The Island has not LOST track of Michael

The Island has not LOST track of Michael March 20, 2008

Tonight’s episode of LOST (the last new episode until April 24th, when LOST will resume at 10pm) focused on the story of Michael after escaping the island. How exactly he “found rescue” we are not told, but he made it back to the U.S. eventually. He is feeling suicidal – after telling Walt what he had done, Walt didn’t want to talk to him any more. After one unsuccessful suicide attempt, he hears ghostly whispers and sees a nurse who then vanishes. Later he tries to kill himself and is stopped by Tom (aka “Friendly”), who tells Michael he can’t kill himself – the island won’t let him. Michael does try, but the gun doesn’t fire. An interesting side note is that on the game show that is on TV, a contestant answers a question about Kurt Vonnegut’s novel Slaughterhouse Five, about a man unstuck in time. The show is interrupted with the breaking news that Oceanic 815 had been found. Michael goes to the hotel penthouse suite where Tom said he could be found. Tom is apparently one of the Others who can come and go from the island (not all can, apparently). Tom tells Michael that the plane is a phony – Widmore put it there, using bodies purchased or stolen from a cemetery in Thailand. Widmore, Tom says, doesn’t want anyone to find out where the plane really ended up, except for himself. Michael is given this opportunity to redeem himself by saving the other survivors – but to do so, he’ll have to kill everyone on the boat.

Once on the boat, however, he learns that that is not entirely true. Although he had been given a bomb to blow up the boat, instead of exploding after he types in the code 71776 and presses the button marked “Execute”, instead of exploding it pops up a flag that said “NOT YET”. Later, contacted by Ben, Michael is told that there are innocent people on the boat, and so he isn’t to simply kill everyone. That isn’t Ben’s way – he says he won’t kill innocent people, and welcomes Michael to “the good guys”.
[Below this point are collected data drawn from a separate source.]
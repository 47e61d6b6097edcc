-- ===== src/Sched/Tests.antt =====
-- A processor with an idle thread, a thread that runs and one that is ready.
use risc_v_workshop.Prelude.{
  ℕ, zero, suc, ◌<◌, ◌≡◌, refl, arith, true, false, some, [], Ensures, is_empty, ◌>>=◌,
}
use risc_v_workshop.Klib.Bitops.{bitops_ffs, scan_up, element_ffs, bitops_ffs64, ffs_loop}
use risc_v_workshop.Klib.Bitops.Bit.{isset_zero}
use risc_v_workshop.Sched.{
  modify, take_from, Sched, Thread, ThrState, run, runable, link_thread, sched_thread_add,
  get_next_thread, sched_schedule, sched_prio_nr,
}
use risc_v_workshop.Sched.Counts.{count}
use risc_v_workshop.Sched.Ready.{Ready}
use risc_v_workshop.Sched.Add.{Linked, sched_thread_add-Linked, link_thread-Linked}
use risc_v_workshop.Sched.Next.{PickedOutcome, get_next_thread-Picked}
use risc_v_workshop.Sched.Switch.{Scheduled, schedule-Scheduled}
use risc_v_workshop.Sched.Woken.{Stranded, schedule-Stranded}

abbrev pub thread_in : ThrState → ℕ → Thread
thread_in state prio = record {
  state = state;
  cur_prio = prio;
  refs = 1;
  linked = false;
  cpu = 0;
  intrcnt = 0;
  preempt = 0;
  preempt_active = false;
  dispatch_delayed = false;
  event_pending = false;
  switched_out = true;
}

-- thread 1 is the current one, in a state that the test gives
abbrev pub threads : ThrState → ℕ → Thread
threads state zero = thread_in runable 255
threads state (suc zero) = thread_in state 130
threads state (suc (suc n)) = thread_in runable 100

abbrev pub start : ThrState → Sched
start state = record {
  que = λ p. [];
  bitmap = λ i. 0;
  thread = threads state;
  cpu = 0;
  current = 1;
  idle_threads = λ c. some 0;
}

threads_free : (state : ThrState) (t : ℕ) → (threads state t).linked ≡ false
threads_free state zero = refl
threads_free state (suc zero) = refl
threads_free state (suc (suc n)) = refl

threads_prio : (state : ThrState) (t : ℕ) → (threads state t).cur_prio < sched_prio_nr
threads_prio state zero = omega arith
threads_prio state (suc zero) = omega arith
threads_prio state (suc (suc n)) = omega arith

pub start-Ready : (state : ThrState) → Ready (start state)
unfolding count
start-Ready state = record {
  words = λ i. omega arith;
  mapped = λ p h. isset_zero (λ i. 0) 4 p (λ i a b. refl) h;
  queued = λ p t h. rw (threads_free state t) refl;
  runable = λ t l. let f = threads_free state t in absurd (cc);
  valid = threads_prio state;
}

-- thread 2 ready, thread 1 running
abbrev one_ready : Sched
one_ready = link_thread 2 (start run)

one_ready-Ready : Ready one_ready
one_ready-Ready = (link_thread-Linked 2 (start run) (start-Ready run) refl refl).ready

sched_thread_add-Linked_example : Ensures (Linked 2 (start run)) (sched_thread_add 2 (start run))
sched_thread_add-Linked_example =
    sched_thread_add-Linked 2 (start run) (start-Ready run) refl refl refl

get_next_thread-Picked_example : Ensures (PickedOutcome one_ready) (get_next_thread one_ready)
get_next_thread-Picked_example = get_next_thread-Picked one_ready one_ready-Ready

schedule-Scheduled_example : Ensures (Scheduled 0 one_ready) (sched_schedule one_ready)
unfolding link_thread
schedule-Scheduled_example = schedule-Scheduled 0 one_ready refl refl one_ready-Ready refl refl

-- thread 2 ready for the first time
abbrev new_ready : Sched
new_ready = modify 2 (λ t. record t { switched_out = false }) one_ready

-- It runs while it is marked as runnable,
starts_new :
    Ensures
      (λ after. (after.current ≡ 2) × ((after.thread 2).state ≡ runable))
      (sched_schedule new_ready)
unfolding link_thread sched_schedule bitops_ffs scan_up element_ffs bitops_ffs64 ffs_loop take_from
starts_new = (refl, refl)

-- so that its own call of the scheduler does not put it back.
new_lost :
    Ensures
      (λ after. (after.current ≡ 1) × (after.que 100 ≡ []))
      (sched_schedule new_ready >>= sched_schedule)
unfolding link_thread sched_schedule bitops_ffs scan_up element_ffs bitops_ffs64 ffs_loop take_from
new_lost = (refl, refl)

-- thread 1 woken before it gave the processor up
abbrev woken : Sched
woken = link_thread 1 (start runable)

woken-Ready : Ready woken
woken-Ready = (link_thread-Linked 1 (start runable) (start-Ready runable) refl refl).ready

nothing_above : (p : ℕ) → p < 130 → is_empty (woken.que p) ≡ true
unfolding link_thread
nothing_above p h = ground arith

schedule-Stranded_example : Ensures (Stranded woken) (sched_schedule woken)
unfolding link_thread
schedule-Stranded_example = schedule-Stranded woken woken-Ready [] refl nothing_above refl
Before pushing the button, a ghostly Libby appeared and told Michael not to do it. The island may be on Michael’s side, but isn’t clearly on Ben’s. Why would the island try to stop Michael, when one thinks it would know the bomb isn’t real? Or was this a test, the appearance of Libby being a challenge for Michael to remember the previous occasion when he killed her, an innocent victim?

Lapidus tells Michael that Widmore believes him that the plane is a fake and there may be survivors. We don’t know who to trust yet, if anyone.

At the end of the episode, Sayyid gives Michael away to the captain as a traitor. Alex had gone with Rousseau and Karl to the Temple, marked on a map Ben gave them by a Dharma logo, and said to be a safe refuge. But when they stop briefly on the way, Karl and Rousseau are shot, by whom we do not yet know. Alex puts her hands up and shouts that she is Ben’s daughter.

We now know who all 6 of the Oceanic Six are: Jack, Kate, Hurley, Sayyid, Aaron and Sun. Why they will be the ones to leave is unclear. Sayyid revealed Michael as a traitor working for Ben, but later he himself will work for Ben. How will this come about, and when?

I originally wanted to call this post “Michael LOST his moral compass”. But the most interesting thing in the episode was the control the island seems to have even in other parts of the world. The island is seeming less and less like a commodity to be used, and more and more like a god working in the lives of human beings and the unfolding history of the planet. But is that really the island itself, or someone who has harnessed the island’s power?

We frequently think of God anthropomorphically. What might be gained, or LOST, in thinking about God as an island?